Mozly fuller (09/21/10 03:49:14)
Tag: A Strong Woman versus A Woman of Strength
During the days of Jesus' life on earth, he offered up prayers and petitions with loud cries and tears to the one who could save him from death, and he was heard because of his reverent submission. Although he was a son, he learned obedience from what he suffered and, once made perfect, he became the source of eternal salvation for all who obey him...
—Hebrews 5:7-9
Hope. The first unity candle, signalling our hope in Christ, was lit by a young couple and their two year-old daughter, her pigtails bobbing with each step. As I sat in my pew alone, I remembered when we were them, healthy and strong, ready to face the world, excited to be serving the Lord—and the tears started to flow. I have no hope today, God, I silently confessed.
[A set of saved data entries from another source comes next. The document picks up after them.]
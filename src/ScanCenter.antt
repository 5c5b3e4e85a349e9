-- ===== src/ScanCenter.antt =====
-- backend/engines/scancenter/scanner_orchestrator.py: the score of a scan and its explanation. The
-- child: how the two agree (Agreement).
pub mod Agreement
mod Tests
use graduationp.Prelude.{
  ℕ, ◌+◌, ◌/◌, ◌%◌, Bool, true, false, ◌&&◌, ◌||◌, not, String, ◌==◌, ◌++ˢ◌, List, [], ◌∷◌, Option,
  none, some, ℤ, pos, ◌+ℤ◌, pos_part, neg_part, leb, ◌==ℕ◌, min, max, elem, lower, if◌then◌else◌,
}
use graduationp.Value.{Value, as_int}

pub record EngineResult : Type 0 where
  pub status : String
  pub score : Value
  pub details : String

-- What the score reads of a run in the sandbox.
pub record SandboxSection : Type 0 where
  pub enabled : Bool
  pub executed : Bool
  pub exit_code : Option ℤ
  pub errors : List String

pub record FileInfo : Type 0 where
  pub name : String
  pub signed : Option Bool

-- The score, the risk and the label.
abbrev pub Verdict : Type 0
Verdict = ℕ × String × String

-- `_safe_int(v, 0)`
unfoldable pub safe_int : Value → ℤ
safe_int v = elim (as_int v) [ none ↦ pos 0 | some z ↦ z ]

abbrev known_safe_tools : List String
known_safe_tools =
    "rufus.exe" ∷ "7z.exe" ∷ "putty.exe" ∷ "winscp.exe" ∷ "sysinternals" ∷ "procmon.exe"
    ∷ "autoruns.exe" ∷ "wireshark.exe" ∷ "nmap.exe" ∷ "wget.exe" ∷ "curl.exe" ∷ []

abbrev is_empty {ℓ} : {A : Type ℓ} → List A → Bool
is_empty [] = true
is_empty (x ∷ xs) = false

-- `exit_code == 0`, and `exit_code and exit_code != 0`
abbrev pub is_zero : ℤ → Bool
is_zero z = pos_part z + neg_part z ==ℕ 0

abbrev exited_zero : Option ℤ → Bool
exited_zero none = false
exited_zero (some z) = is_zero z

abbrev exited_other : Option ℤ → Bool
exited_other none = false
exited_other (some z) = not (is_zero z)

unfoldable pub sandbox_score : SandboxSection → ℕ
sandbox_score s =
    let by_exit = if exited_other s.exit_code then 60 else 0 in
    let by_errors = if is_empty s.errors then by_exit else max by_exit 70 in
    if is_empty s.errors && exited_zero s.exit_code then 20 else by_errors

unfoldable pub clamav_source : EngineResult → Option ℤ
clamav_source r =
    if elem r.status ("unavailable" ∷ "error" ∷ "n/a" ∷ []) then none else some (safe_int r.score)

unfoldable pub sandbox_source : SandboxSection → Option ℕ
sandbox_source s = if s.enabled && s.executed then some (sandbox_score s) else none

-- `round(n / 2)`: a half goes to the even neighbour
unfoldable pub round_half : ℕ → ℕ
round_half n = n / 2 + (if n % 2 ==ℕ 1 && (n / 2) % 2 ==ℕ 1 then 1 else 0)

-- the average over the sources that there are, from 0 to 100; the weights are equal, and what is
-- below 0 counts as 0
unfoldable pub weighted_score : Option ℤ → Option ℕ → Option ℕ
weighted_score none none = none
weighted_score (some c) none = some (min 100 (pos_part c))
weighted_score none (some s) = some (min 100 s)
weighted_score (some c) (some s) = some (min 100 (round_half (pos_part (c +ℤ pos s))))

abbrev is_signed : FileInfo → Bool
is_signed f = elim f.signed [ none ↦ false | some b ↦ b ]

-- a file that is signed or a known tool
unfoldable pub is_trusted : FileInfo → Bool
is_trusted f = is_signed f || elem (lower f.name) known_safe_tools

unfoldable pub cap_trusted : Option FileInfo → ℕ → ℕ
cap_trusted none score = score
cap_trusted (some f) score = if is_trusted f then min 60 score else score

unfoldable pub risk_of : ℕ → String × String
risk_of score =
    if leb score 19
    then ("Low", "Clean")
    else if leb score 39
    then ("Medium", "Suspicious")
    else if leb score 69
    then ("High", "Likely Malicious")
    else ("Critical", "Malicious")

unfoldable pub verdict_of : Option FileInfo → Option ℕ → Verdict
verdict_of file none = (0, "Unknown", "Inconclusive")
verdict_of file (some weighted) =
    let score = cap_trusted file weighted in
    let (risk, label) = risk_of score in (score, risk, label)

-- `_compute_weighted_score`
unfoldable pub compute_weighted_score : EngineResult → SandboxSection → Option FileInfo → Verdict
compute_weighted_score clamav sandbox file =
    verdict_of file (weighted_score (clamav_source clamav) (sandbox_source sandbox))

pub record AiExplanation : Type 0 where
  pub one_line_summary : String
  pub risk_level : String
  pub top_reasons : List String
  pub what_to_do : List String

-- the summary and what to do
unfoldable pub advice : String → String × List String
advice risk =
    if elem risk ("High" ∷ "Critical" ∷ [])
    then (
      "This file appears dangerous. Do not open or run it.",
      "Quarantine or delete the file immediately." ∷ "Run a full system scan with your antivirus."
          ∷ "If you already ran it, disconnect from the internet and seek help." ∷ [],
    )
    else if risk == "Medium"
    then (
      "This file has suspicious characteristics.",
      "Avoid running this file until you can verify its source."
          ∷ "Check it with an external reputation or sandbox service for a second opinion." ∷ [],
    )
    else (
      "This file appears safe based on our analysis.",
      "No action needed. The file looks clean." ∷ [],
    )

unfoldable pub sandbox_reasons : SandboxSection → List String
sandbox_reasons s =
    if not s.executed
    then []
    else if is_empty s.errors
    then "Interactive sandbox session completed by analyst." ∷ []
    else "Sandbox execution encountered errors." ∷ []

unfoldable pub reasons : EngineResult → SandboxSection → List String
reasons clamav s =
    if elem clamav.status ("malicious" ∷ "detected" ∷ [])
    then ("ClamAV detected: " ++ˢ clamav.details) ∷ sandbox_reasons s
    else if clamav.status == "clean"
    then "ClamAV found no threats." ∷ sandbox_reasons s
    else sandbox_reasons s

-- `reasons or [...]`
abbrev or_automated : List String → List String
or_automated [] = "Automated analysis completed." ∷ []
or_automated (r ∷ rs) = r ∷ rs

-- `_build_explanation`, which does not read its score
unfoldable pub build_explanation : EngineResult → SandboxSection → ℕ → String → AiExplanation
build_explanation clamav sandbox score risk =
    let (summary, actions) = advice risk in
    record {
      one_line_summary = summary;
      risk_level = risk;
      top_reasons = or_automated (reasons clamav sandbox);
      what_to_do = actions;
    }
Our Sunday School class struggles with questions I know Dave could answer, if God would but release him to the service he loves. Instead Dave is home, left with no answer to the unthinkable question: Will I need to be taken care of for the rest of my life? I know the question comes with the requisite "herx" reaction from the antibiotics killing off Lyme, causing pain and anxiety and a whole host of symptoms. But that doesn't erase the pain of the question, or the agony of not knowing.
There is a truth in there that Jesus understood. When Lazarus died, He too wept, felt deeply the pain that Mary and Martha felt. It didn't matter that He knew He could bring Lazarus back to life—understanding didn't erase the pain of the moment. He called out to God, and God heard—and answered—and Lazarus was brought back to life. And isn't that what we all long for, the God who answers with His power and love? Then we know our prayers have been heard.
But God doesn't answer simply yes—or no or wait awhile. When Jesus cried out to God the night before His death, "take this cup from me," He was again heard (Hebrews 5:7-9). And God answered powerfully and with love as He strengthened Jesus' resolve to say "not my will, but yours be done." We can see the progression in Jesus' prayers in Matthew 26: 36-46. And Luke 22:43 tells us specifically that He was strengthened—and then afterward "being in anguish, he prayed more earnestly, and his sweat was like drops of blood falling to the ground."
We do not have a benign paternal God who looks down from on High with occasional sympathy. We have Emmanuel: God with us. The God whose Holy Spirit has chosen to dwell IN us. Do we stop to think what this means?
The God who lived through intense anguish in His life on earth, continues to choose to live through it along with us. He doesn't merely see our pain; He says that "whatever you did for one of the least of these brothers of mine, you did for me." (Mt 25:40). He is hungry, thirsty, a stranger, naked, sick, and in prison, along with us. When He says "never will I leave you, never will I forsake you," He means to impart a depth of love that if we truly understood it, would take our breath away.
What you and I live through, often unvoluntarily, God has chosen to live through with us, intimately, daily, weeping with us.
Why He would choose pain rather than immediately use His power to "fix" everything, I don't know—but I have a glimpse of some possibilities. I think Jesus knows that power doesn't erase pain—He wept when Lazarus died, even though he then went on to raise him from the dead. When someone lives through something with us—really cares—they can comfort in a way someone more distant can't.
On a deeper level I sense, as strange as this may sound, that God thinks we are worth the pain He goes through with us, and the anguish Jesus suffered on the cross—and that the prize He is seeking is us, is relationship with us. Something that power alone could not accomplish. In us, and walking with us, God is bringing about our holiness. He is making possible a relationship that will fulfill us so much that we will look back and think the pain was worth it, was miniscule in comparison. We can't see that now, but one day we will.
Are you hurting, feeling without hope, maybe even dreading Christmas this year? Pour your heart out to God. Grief and depression can't be rushed—and they are not without purpose. God is a redeemer, and He will redeem this time, and restore your soul. Cling to Him.
Ps 71:20 Though you have made me see troubles, many and bitter, you will restore my life again; from the depths of the earth you will again bring me up.
Lam 2:19 "...pour out your heart like water in the presence of the Lord..."
Ps 73:21-26 When my heart was grieved and my spirit embittered, I was senseless and ignorant; I was a brute beast before you. Yet I am always with you; you hold me by my right hand. You guide me with your counsel, and afterward you will take me into glory. Whom have I in heaven but you? And earth has nothing I desire besides you. My flesh and my heart may fail, but God is the strength of my heart and my portion forever.
Ps 13:1-6 How long, O LORD? Will you forget me forever? How long will you hide your face from me? How long must I wrestle with my thoughts and every day have sorrow in my heart? How long will my enemy triumph over me? Look on me and answer, O LORD my God. Give light to my eyes, or I will sleep in death; my enemy will say, "I have overcome him," and my foes will rejoice when I fall. But I trust in your unfailing love; my heart rejoices in your salvation. I will sing to the LORD, for he has been good to me.